## Work to complete:
When a line in the records contains the string "length", copy that line.

## Record excerpts:
-- ===== src/Supervisor/Pool/HandOff/Total.antt =====
-- The fuel of the hand-off loop is enough, and every round keeps the outcome.
use serverless_harness.Base.{
  ℕ, zero, suc, ◌<◌, ◌≡◌, refl, ◌⊎◌, inl, inr, true, Option, none, some, List, [], ◌∷◌, nat_beq_iff,
  keep_if, length, arith, In, length-keep_if-le, length-keep_if-lt, Bool-cases,
}
use serverless_harness.Supervisor.Routing.{WorkerView, pick_least_loaded}
use serverless_harness.Supervisor.Routing.LeastLoaded.{pick_least_loaded_cases, IsLeast-In}
use serverless_harness.Supervisor.Pool.State.{Slot, Pool, views, slot_at}
use serverless_harness.Supervisor.Pool.Views.{length-views}
use serverless_harness.Supervisor.Pool.HandOff.{
  takes, taker, deliver, fail_handoff, is_untried, count_retry, hand_off_loop, hand_off,
}
use serverless_harness.Supervisor.Pool.HandOff.Outcome.{
  Declines, AllDecline, Ends, HandedOff, untried, Declines-of-pick_none, fail_handoff-Refused,
  deliver-Delivered, HandedOff-count_retry,
}

taker_cases :
    (cells : ℕ → Slot) (o : Option ℕ)
    → (taker cells o ≡ none)
      ⊎ ((r : ℕ) × (taker cells o ≡ some r) × (o ≡ some r) × (takes (cells r) ≡ true))
unfolding taker
taker_cases cells none = inl refl
taker_cases cells (some r) = elim (Bool-cases (takes (cells r))) [
  | inl up ↦ inr (r, rw up, refl, up)
  | inr down ↦ inl (rw down)
]

untried-shrinks :
    (tried : List ℕ) (b : WorkerView) (ws : List WorkerView)
    → In b (keep_if (is_untried tried) ws)
    → length (keep_if (is_untried (b.id ∷ tried)) ws) < length (keep_if (is_untried tried) ws)
untried-shrinks tried b ws m =
    length-keep_if-lt (is_untried tried) (is_untried (b.id ∷ tried)) ws b (λ x h. ground arith) m
      (ground (arith, nat_beq_iff b.id b.id))

module _ (socket : ℕ) (head : Option (List ℕ)) where
  abbrev run_from : ℕ → List ℕ → Option ℕ → Pool → Option (Pool × Option ℕ)
  run_from fuel tried target p = hand_off_loop fuel tried target socket head p

  abbrev next_of : List ℕ → Pool → Option ℕ
  next_of tried p = pick_least_loaded (untried tried p)

  -- One round at a worker that declines leaves the outcome to the next.
  round_declined :
      (fuel : ℕ) (tried : List ℕ) (t : ℕ) (p : Pool)
      → Declines p t
      → Ends socket head
          (count_retry p)
          (run_from fuel (t ∷ tried) (next_of (t ∷ tried) p) (count_retry p))
      → Ends socket head p (run_from (suc fuel) tried (some t) p)
  unfolding hand_off_loop
  round_declined fuel tried t p declined (r, e, o) =
      (r, rw (declined, hand_off_loop) e, HandedOff-count_retry socket head p r o)

  round_taken :
      (fuel : ℕ) (tried : List ℕ) (t r : ℕ) (p : Pool)
      → taker p.cells (slot_at p t) ≡ some r
      → slot_at p t ≡ some r
      → takes (p.cells r) ≡ true
      → Ends socket head p (run_from (suc fuel) tried (some t) p)
  unfolding hand_off_loop
  round_taken fuel tried t r p taken at able = (
    (deliver r socket head p, some t),
    rw (taken, hand_off_loop),
    deliver-Delivered socket head p t r at able,
  )

  hand_off_loop-Ends :
      (fuel : ℕ) (tried : List ℕ) (p : Pool)
      → AllDecline tried p
      → length (untried tried p) < fuel
      → Ends socket head p (run_from fuel tried (next_of tried p) p)
  unfolding views hand_off_loop
  hand_off_loop-Ends zero tried p declined enough = absurd (omega arith)
  hand_off_loop-Ends (suc fuel) tried p declined enough =
      elim (pick_least_loaded_cases (untried tried p)) [
        | inl (e, _) ↦ (
          (fail_handoff socket p, none),
          rw (e, hand_off_loop),
          fail_handoff-Refused socket head p (Declines-of-pick_none p tried declined e),
        )
        | inr (b, e, l) ↦ elim (taker_cases p.cells (slot_at p b.id)) [
          | inl declines ↦
              let fewer = untried-shrinks tried b (views p) (IsLeast-In l) in
              let rest =
                hand_off_loop-Ends fuel (b.id ∷ tried) (count_retry p) (declines, declined)
                  (omega arith) in
              rw e (round_declined fuel tried b.id p declines rest)
          | inr (r, taken, at, able) ↦ rw e (round_taken fuel tried b.id r p taken at able)
        ]
      ]

  -- `handOff` ends, on every pool. Either one worker, which is healthy, connected and does not throw,
  -- has the socket, its estimate is one higher and nothing else is sent; or the socket is answered 429,
  -- one refusal is noted, no load estimate changes, and no worker of the pool would have taken it.
  pub hand_off-HandedOff :
      (preferred : ℕ) (p : Pool)
      → (r : Pool × Option ℕ) × (hand_off preferred socket head p ≡ some r)
        × HandedOff p socket head r
  unfolding hand_off views
  hand_off-HandedOff preferred p = elim (taker_cases p.cells (slot_at p preferred)) [
    | inl declines ↦
        let first =
          hand_off_loop-Ends (suc (length p.slots)) (preferred ∷ []) (count_retry p) (declines, tt)
            (omega
              (arith, length-views p, length-keep_if-le (is_untried (preferred ∷ [])) (views p))) in
        round_declined (suc (length p.slots)) [] preferred p declines first
    | inr (r, taken, at, able) ↦ round_taken (suc (length p.slots)) [] preferred r p taken at able
  ]

taken-slot_at :
    (cells : ℕ → Slot) (o : Option ℕ) (r : ℕ)
    → o ≡ some r
    → takes (cells r) ≡ true
    → taker cells o ≡ some r
unfolding taker
taken-slot_at cells o r at able = ground arith

-- The preferred worker has the socket if it takes it.
pub hand_off_taken :
    (t r socket : ℕ) (head : Option (List ℕ)) (p : Pool)
    → slot_at p t ≡ some r
    → takes (p.cells r) ≡ true
    → hand_off t socket head p ≡ some (deliver r socket head p, some t)
unfolding hand_off
hand_off_taken t r socket head p at able =
    let taken = taken-slot_at p.cells (slot_at p t) r at able in rw (taken, hand_off_loop)
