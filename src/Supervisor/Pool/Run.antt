-- ===== src/Supervisor/Pool/Run.antt =====
-- Every order of calls and events that a pool may see: `step` makes the call for one, `run` for a list
-- of them. The event loop runs one listener at a time, so a run is an interleaving.
pub mod Shape
pub mod Moves
pub mod Array
pub mod Refusals
pub mod Drain
pub mod Idle
pub mod Waiting
use serverless_harness.Base.{ℕ, Option, none, some, List, [], ◌∷◌}
use serverless_harness.Supervisor.Pool.State.{Handle, PoolOptions, Pool, set_slot}
use serverless_harness.Supervisor.Pool.HandOff.{note_refusal, note_head_truncated, hand_off}
use serverless_harness.Supervisor.Pool.Events.{
  Message, new_pool, on_message, on_exit, on_timer, await_idle, on_timeout, drain_all,
}

-- `channel r handle` is the environment's: the channel of a worker closes, or begins to fail.
pub data Event : Type 0 where
  hands_off : ℕ → ℕ → Option (List ℕ) → Event
  refuses : Event
  truncates : Event
  message : ℕ → Message → Event
  exit : ℕ → ℕ → Event
  channel : ℕ → Handle → Event
  timer : ℕ → ℕ → Handle → Event
  awaits : ℕ → Event
  timeout : ℕ → Event
  drains : Event

-- The pool after `handOff`, which always returns (`hand_off-HandedOff`).
abbrev pub after_hand_off : Pool → Option (Pool × Option ℕ) → Pool
after_hand_off p none = p
after_hand_off p (some (after, target)) = after

unfoldable pub step : Event → Pool → Pool
step (hands_off preferred socket head) p = after_hand_off p (hand_off preferred socket head p)
step refuses p = note_refusal p
step truncates p = note_head_truncated p
step (message r m) p = on_message r m p
step (exit r now) p = on_exit r now p
step (channel r handle) p = set_slot r (record (p.cells r) { handle = handle }) p
step (timer k now handle) p = on_timer k now handle p
step (awaits waiter) p = await_idle waiter p
step (timeout waiter) p = on_timeout waiter p
step drains p = drain_all p

unfoldable pub run : List Event → Pool → Pool
run [] p = p
run (e ∷ es) p = run es (step e p)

## Output below:
  keep_if, length, arith, In, length-keep_if-le, length-keep_if-lt, Bool-cases,
use serverless_harness.Supervisor.Pool.Views.{length-views}
    → length (keep_if (is_untried (b.id ∷ tried)) ws) < length (keep_if (is_untried tried) ws)
    length-keep_if-lt (is_untried tried) (is_untried (b.id ∷ tried)) ws b (λ x h. ground arith) m
      → length (untried tried p) < fuel
          hand_off_loop-Ends (suc (length p.slots)) (preferred ∷ []) (count_retry p) (declines, tt)
              (arith, length-views p, length-keep_if-le (is_untried (preferred ∷ [])) (views p))) in
        round_declined (suc (length p.slots)) [] preferred p declines first
    | inr (r, taken, at, able) ↦ round_taken (suc (length p.slots)) [] preferred r p taken at able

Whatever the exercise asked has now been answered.